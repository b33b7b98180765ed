-- ===== src/Ntp/Tests.antt =====
-- Runs of an NTP client at concrete inputs, over a service that counts its servers.
use ungula_lib_net.Base.{ℕ, suc, ◌≡◌, refl, Bool, true, false, List, [], ◌∷◌, none, some, arith}
use ungula_lib_net.Ntp.{pos, negsuc, NtpConfig, Sntp, NtpClient, ntp_local_epoch, ntp_format_local}
use ungula_lib_net.Calendar.{gmtime, strftime}
use ungula_lib_net.Ntp.Format.{Denotes, ntp_format_local-Denotes}
use ungula_lib_net.Ntp.Runs.{start, stop, IsSntp, force, step_force, run, run-Reads}

record Service : Type 0 where
  running : Bool
  servers : ℕ
  interval : ℕ

instance abbrev service : Sntp Service
service = record {
  set_poll_mode = λ d. d;
  set_server_name = λ slot name d. record d { servers = suc d.servers };
  set_sync_interval = λ ms d. record d { interval = ms };
  sntp_init = λ d. record d { running = true };
  sntp_stop = λ d. record d { running = false };
}

service-IsSntp : IsSntp service
service-IsSntp = record { up = λ d. d.running; up-sntp_init = λ d. refl; up-sntp_stop = λ d. refl }

abbrev client : NtpClient Service
client = record {
  sntp = record { running = false; servers = 0; interval = 0 };
  utc_offset = pos 0;
  initialised = false;
}

-- Five hours west, without a fallback server, and an hour east.
abbrev west : NtpConfig
west = record {
  server = 97 ∷ [];
  fallback_server = none;
  utc_offset_seconds = negsuc 17999;
  sync_interval_sec = 3600;
}

abbrev east : NtpConfig
east = record {
  server = 97 ∷ [];
  fallback_server = some (98 ∷ []);
  utc_offset_seconds = pos 3600;
  sync_interval_sec = 3600;
}

run-Reads_example :
    ntp_local_epoch 1700000000 (run client (start east ∷ stop ∷ start west ∷ start east ∷ []))
    ≡ pos 1699982000
unfolding service-IsSntp force step_force
run-Reads_example =
    (run-Reads service-IsSntp (start east ∷ stop ∷ start west ∷ start east ∷ []) 1700000000 client
        refl refl).2
      (omega arith)

-- The client five hours west of UTC, and "2023-11-14 17:13:20".
abbrev west_client : NtpClient Service
west_client = record client { utc_offset = negsuc 17999; initialised = true }

abbrev evening : List ℕ
evening =
    50 ∷ 48 ∷ 50 ∷ 51 ∷ 45 ∷ 49 ∷ 49 ∷ 45 ∷ 49 ∷ 52 ∷ 32 ∷ 49 ∷ 55 ∷ 58 ∷ 49 ∷ 51 ∷ 58 ∷ 50 ∷ 48
    ∷ []

evening_text : ntp_format_local 20 1700000000 west_client ≡ evening
unfolding ntp_format_local ntp_local_epoch gmtime strftime
evening_text = refl

ntp_format_local-Denotes_example :
    Denotes (ntp_format_local 20 1700000000 west_client) (pos 1699982000)
unfolding gmtime
ntp_format_local-Denotes_example =
    (ntp_format_local-Denotes 20 1700000000 west_client (omega arith) (λ e. cc e) (omega arith)).0
      (omega arith) (omega arith)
+--
# EXERCISE DETAILS
Report only the number of lines, among the records above, that contain the word "true".

# RESPONSE AREA
3